Every record has to be written out exactly, with no line missing.
(Beginning of SUPPLIED RECORDS)
-- ===== src/WebSdk/Client/Passkey.antt =====
-- `registerPasskey` and `loginWithPasskey` of sdks/kavach-web/src/index.ts
use kavachid.Base.{
  not, some, [], ◌∷◌, String, plain, Exec, lift, throw_if, ◌>>=◌, ◌>>◌, if◌then◌else◌,
}
use kavachid.Schema.{text}
use kavachid.WebSdk.Storage.{StorageProvider, entry}
use kavachid.WebSdk.Platform.{WebCrypto, Network, Browser, Body}
use kavachid.WebSdk.Dpop.{ensure_key}
use kavachid.WebSdk.Client.{
  Options, get_full_url, is_ok, json_headers, of_method, fetch, fail_with, post_signed, take_tokens,
  authenticated_fetch,
}

module _ (P : StorageProvider) (W : WebCrypto) (N : Network) (o : Options) where
  unfoldable pub register_passkey : Exec (Browser P.Store) (Unit {0})
  register_passkey = do
    response ←
        authenticated_fetch P W N o "/auth/webauthn/register-options" (of_method P W N o "POST")
    throw_if (not (is_ok response)) (plain "Failed to get registration options")
    options ← lift response.json
    attestation ← lift (N.start_registration options)
    verified ← authenticated_fetch P W N o "/auth/webauthn/register-verify" (record {
      method = some "POST";
      headers = entry "content-type" "application/json" ∷ [];
      content = some attestation;
    })
    throw_if (not (is_ok verified)) (plain "Failed to verify passkey registration")

  -- The members of the assertion stand behind those that name the caller.
  unfoldable pub login_with_passkey : String → String → Exec (Browser P.Store) Body
  login_with_passkey identifier fingerprint = do
    response ← fetch P W N o (record {
      url = get_full_url o "/auth/webauthn/login-options";
      method = "POST";
      headers = json_headers o;
      content = some (("identifier", text (some identifier)) ∷ []);
    })
    throw_if (not (is_ok response)) (plain "Failed to get login options")
    options ← lift response.json
    assertion ← lift (N.start_authentication options)
    ensure_key W
    verified ← post_signed P W N o (get_full_url o "/auth/webauthn/login-verify") (
        ("identifier", text (some identifier))
        ∷ ("fingerprint", text (some fingerprint))
        ∷ ("clientId", text o.client_id)
        ∷ assertion)
    if is_ok verified
        then take_tokens P W N o verified
        else fail_with P W N o verified "Passkey login failed"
(End of SUPPLIED RECORDS)
-- RESULT FOR THIS EXERCISE --
-- ===== src/WebSdk/Client/Passkey.antt =====
-- `registerPasskey` and `loginWithPasskey` of sdks/kavach-web/src/index.ts
use kavachid.Base.{
  not, some, [], ◌∷◌, String, plain, Exec, lift, throw_if, ◌>>=◌, ◌>>◌, if◌then◌else◌,
}
use kavachid.Schema.{text}
use kavachid.WebSdk.Storage.{StorageProvider, entry}
use kavachid.WebSdk.Platform.{WebCrypto, Network, Browser, Body}
use kavachid.WebSdk.Dpop.{ensure_key}
use kavachid.WebSdk.Client.{
  Options, get_full_url, is_ok, json_headers, of_method, fetch, fail_with, post_signed, take_tokens,
  authenticated_fetch,
}

module _ (P : StorageProvider) (W : WebCrypto) (N : Network) (o : Options) where
  unfoldable pub register_passkey : Exec (Browser P.Store) (Unit {0})
  register_passkey = do
    response ←
        authenticated_fetch P W N o "/auth/webauthn/register-options" (of_method P W N o "POST")
    throw_if (not (is_ok response)) (plain "Failed to get registration options")
    options ← lift response.json
    attestation ← lift (N.start_registration options)
    verified ← authenticated_fetch P W N o "/auth/webauthn/register-verify" (record {
      method = some "POST";
      headers = entry "content-type" "application/json" ∷ [];
      content = some attestation;
    })
    throw_if (not (is_ok verified)) (plain "Failed to verify passkey registration")

  -- The members of the assertion stand behind those that name the caller.
  unfoldable pub login_with_passkey : String → String → Exec (Browser P.Store) Body
  login_with_passkey identifier fingerprint = do
    response ← fetch P W N o (record {
      url = get_full_url o "/auth/webauthn/login-options";
      method = "POST";
      headers = json_headers o;
      content = some (("identifier", text (some identifier)) ∷ []);
    })
    throw_if (not (is_ok response)) (plain "Failed to get login options")
    options ← lift response.json
    assertion ← lift (N.start_authentication options)
    ensure_key W
    verified ← post_signed P W N o (get_full_url o "/auth/webauthn/login-verify") (
        ("identifier", text (some identifier))
        ∷ ("fingerprint", text (some fingerprint))
        ∷ ("clientId", text o.client_id)
        ∷ assertion)
    if is_ok verified
        then take_tokens P W N o verified
        else fail_with P W N o verified "Passkey login failed"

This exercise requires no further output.